To investigate whether DRN DA neurons release DA to mediate their behavioral functions, the authors examined the DA transmission profiles in the major downstream targets of DRN DA neurons by using an optimized genetically-encoded DA sensor, GRAB_DA2m developed by Dr. Yulong Li lab in Peking University. They observed transiently increased DA levels in both the central amygdala and the bed nucleus of the stria terminalis triggered by both rewarding and aversive stimuli. Further, they employed the AAV-mediated CRISPR/Cas9 technology in vivo to knock out tyrosine hydroxylase (TH), a rate-limiting enzyme for DA biosynthesis, in the DRN. The loss of DA biosynthesis in the DRN significantly impaired the expression of natural and addiction memory.

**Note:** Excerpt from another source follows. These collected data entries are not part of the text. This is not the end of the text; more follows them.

-- ===== src/Cipherpy/Aes/Block.antt =====
-- AES is a block primitive of 16 bytes, and GCM with it an AEAD backend.
use python_proxy.Base.{
  ℕ, zero, suc, ◌+◌, ◌*◌, ◌≡◌, ◌⊎◌, inl, inr, refl, ap, subst, ◌∙◌, some, List, [], ◌∷◌, bit_xor,
  bit_xor-lt, get_or, length, take, drop, to_big-lt, big, All, Bytes, IsBytes, arith,
}
use python_proxy.Cipher.Aead.{IsBackend}
use python_proxy.Cipherpy.Aes.{
  g1, shift, positions, rounds_of, expand_key, round_keys, keys_of, aes_new, aes_round, last_round,
  aes_rounds, aes_block, block_of, aes_encrypt,
}
use python_proxy.Base.ByteLists.{get_or-IsBytes, map-IsBytes, take-IsBytes, drop-IsBytes}
use python_proxy.Cipherpy.Aes.Schedule.{g1-IsBytes, expand_key-IsBytes}
use python_proxy.Cipherpy.Gcm.{IsBlock, gcm_setup, gcm_backend}
use python_proxy.Cipherpy.Gcm.Bounds.{Word}
use python_proxy.Cipherpy.Gcm.Laws.{gcm-IsBackend}

round_keys-IsBytes : (n : ℕ) (ekey : Bytes) → IsBytes ekey → All IsBytes (round_keys n ekey)
unfolding round_keys
round_keys-IsBytes zero ekey h = tt
round_keys-IsBytes (suc n) ekey h =
    (take-IsBytes 16 ekey h, round_keys-IsBytes n (drop 16 ekey) (drop-IsBytes 16 ekey h))

last_round-IsBytes : (key s : Bytes) → IsBytes key → IsBytes (last_round key s)
unfolding last_round
last_round-IsBytes key s h =
    map-IsBytes (λ j. bit_xor (get_or g1 (get_or s (shift j 0) 0) 0) (get_or key j 0)) positions
      (λ j.
        bit_xor-lt 8 _ _ (get_or-IsBytes g1 (get_or s (shift j 0) 0) g1-IsBytes)
          (get_or-IsBytes key j h))

length-last_round : (key s : Bytes) → length (last_round key s) ≡ 16
unfolding last_round
length-last_round key s = refl

-- A block of 16 bytes.
abbrev IsWhole : Bytes → Type 0
IsWhole block = (length block ≡ 16) × IsBytes block

aes_rounds-IsWhole :
    (key : Bytes) (keys : List Bytes) (s : Bytes)
    → All IsBytes (key ∷ keys)
    → IsWhole (aes_rounds (key ∷ keys) s)
unfolding aes_rounds
aes_rounds-IsWhole key [] s h = (length-last_round key s, last_round-IsBytes key s h.0)
aes_rounds-IsWhole key (next ∷ keys) s h = aes_rounds-IsWhole next keys (aes_round key s) h.1

aes_block-IsWhole :
    (first next : Bytes) (keys : List Bytes) (block : Bytes)
    → All IsBytes (next ∷ keys)
    → IsWhole (aes_block (first ∷ next ∷ keys) block)
unfolding aes_block
aes_block-IsWhole first next keys block h = aes_rounds-IsWhole next keys _ h

scheduled-IsWhole :
    (nbr : ℕ) (whole block : Bytes)
    → IsBytes whole
    → IsWhole (aes_block (round_keys (suc nbr + 1) whole) block)
scheduled-IsWhole nbr whole block h =
    subst (λ (n : ℕ). IsWhole (aes_block (round_keys n whole) block)) {x = suc (suc nbr)}
      {y = suc nbr + 1} (omega arith)
      (unfold round_keys in
        aes_block-IsWhole (take 16 whole) (take 16 (drop 16 whole))
          (round_keys nbr (drop 16 (drop 16 whole))) block
          (
            take-IsBytes 16 (drop 16 whole) (drop-IsBytes 16 whole h),
            round_keys-IsBytes nbr (drop 16 (drop 16 whole))
                (drop-IsBytes 16 (drop 16 whole) (drop-IsBytes 16 whole h)),
          ))

-- What `AES(key)` gives.
pub record Expanded (key : Bytes) : Type 0 where
  pub ekey : List Bytes
  pub made : aes_new key ≡ some ekey
  pub blocks : (n : ℕ) → Word n → IsBlock (aes_encrypt ekey) n

with_rounds :
    (key : Bytes) (nbr : ℕ) → rounds_of (length key) ≡ some (suc nbr) → IsBytes key → Expanded key
with_rounds key nbr e h =
    let limit = 16 * (suc nbr + 1) in
    let whole = expand_key (length key) limit limit key in
    let bytes = expand_key-IsBytes (length key) limit limit key h in
    record {
      ekey = round_keys (suc nbr + 1) whole;
      made = unfold aes_new in ap (keys_of key) e;
      blocks = λ n w. encrypts whole bytes n w;
    }
  where
    encrypts :
        (whole : Bytes)
        → IsBytes whole
        → (n : ℕ) → Word n
        → IsBlock (aes_encrypt (round_keys (suc nbr + 1) whole)) n
    encrypts whole bytes n w =
        let k = scheduled-IsWhole nbr whole (big 16 n) bytes in
        record {
          block = aes_block (round_keys (suc nbr + 1) whole) (big 16 n);
          succeeds =
              unfold aes_encrypt in
              ap (block_of (round_keys (suc nbr + 1) whole)) (to_big-lt 16 n (omega (arith, w)));
          size = k.0;
          bytes = k.1;
        }

rounds_16 : rounds_of 16 ≡ some 10
unfolding rounds_of
rounds_16 = refl

rounds_24 : rounds_of 24 ≡ some 12
unfolding rounds_of
rounds_24 = refl

rounds_32 : rounds_of 32 ≡ some 14
unfolding rounds_of
rounds_32 = refl

pub aes_new-Expanded :
    (key : Bytes)
    → IsBytes key
    → (length key ≡ 16) ⊎ ((length key ≡ 24) ⊎ (length key ≡ 32))
    → Expanded key
aes_new-Expanded key h (inl e) = with_rounds key 9 (ap rounds_of e ∙ rounds_16) h
aes_new-Expanded key h (inr (inl e)) = with_rounds key 11 (ap rounds_of e ∙ rounds_24) h
aes_new-Expanded key h (inr (inr e)) = with_rounds key 13 (ap rounds_of e ∙ rounds_32) h

-- With every key of 16, 24 or 32 bytes, AES expands the key, GCM over it sets up, and seals every
-- text of a packet without an exception, in a chunk of its length and a tag of 16 bytes, and opens
-- what it sealed.
pub aes_gcm-IsBackend :
    (key : Bytes)
    → IsBytes key
    → (length key ≡ 16) ⊎ ((length key ≡ 24) ⊎ (length key ≡ 32))
    → (ekey : List Bytes) × (hkey : List ℕ) × (aes_new key ≡ some ekey)
      × (gcm_setup (aes_encrypt ekey) ≡ some hkey)
      × IsBackend (gcm_backend (aes_encrypt ekey) hkey)
aes_gcm-IsBackend key h sizes =
    let a = aes_new-Expanded key h sizes in
    let g = gcm-IsBackend (aes_encrypt a.ekey) a.blocks in (a.ekey, g.0, a.made, g.1, g.2)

Fig.3 DA transmission from DRN DA neurons are critical for the expression of incentive memory

Using morphine as the probe to search for functionally relevant inputs to DRN DA neurons, the authors further identified a glutamatergic pathway from the lateral parabrachial nucleus (LPB) to the DRN that specifically regulates reward processing. Morphine administration causes an increase of glutamatergic inputs from the LPB to DRN DA neurons, and this increase is mediated by the morphine-induced enhancement of DRN-projecting LPB neurons’ excitability. Silencing or blocking the neurotransmission of DRN-projecting LPB neurons impairs the expression of reward memory and the reward processing of DRN DA neurons.

Fig. 4 The LPB-to-DRN DA pathway specifically regulates the expression of reward memory

In summary, this study pinpoints the essential behavioral functions of the raphe DA system in controlling memory expression and unveils unique circuit mechanisms underlying opioid-associated memory expression. This work also suggests new targets for developing future pharmacological strategies of interventions against opioid abuse.

Dr. Rui Lin and Dr. Jingwen Liang from Dr. Minmin Luo lab are the co-first authors of this work. Other contributing authors include Ruiyu Wang, Ting Yan, Youtong Zhou, Yang Liu, Qiru Feng from Dr. Minmin Luo lab; Dr. Fangmiao Sun and Dr. Yulong Li from Peking University; Dr. Anan Li and Prof. Hui Gong from Huazhong University of Science and Technology. Dr. Rui Lin and Dr. Minmin Luo are the co-corresponding authors of this work. This study was supported by MOST 973 grants, NNSFC, and Beijing Municipal Government. All works were completed at NIBS.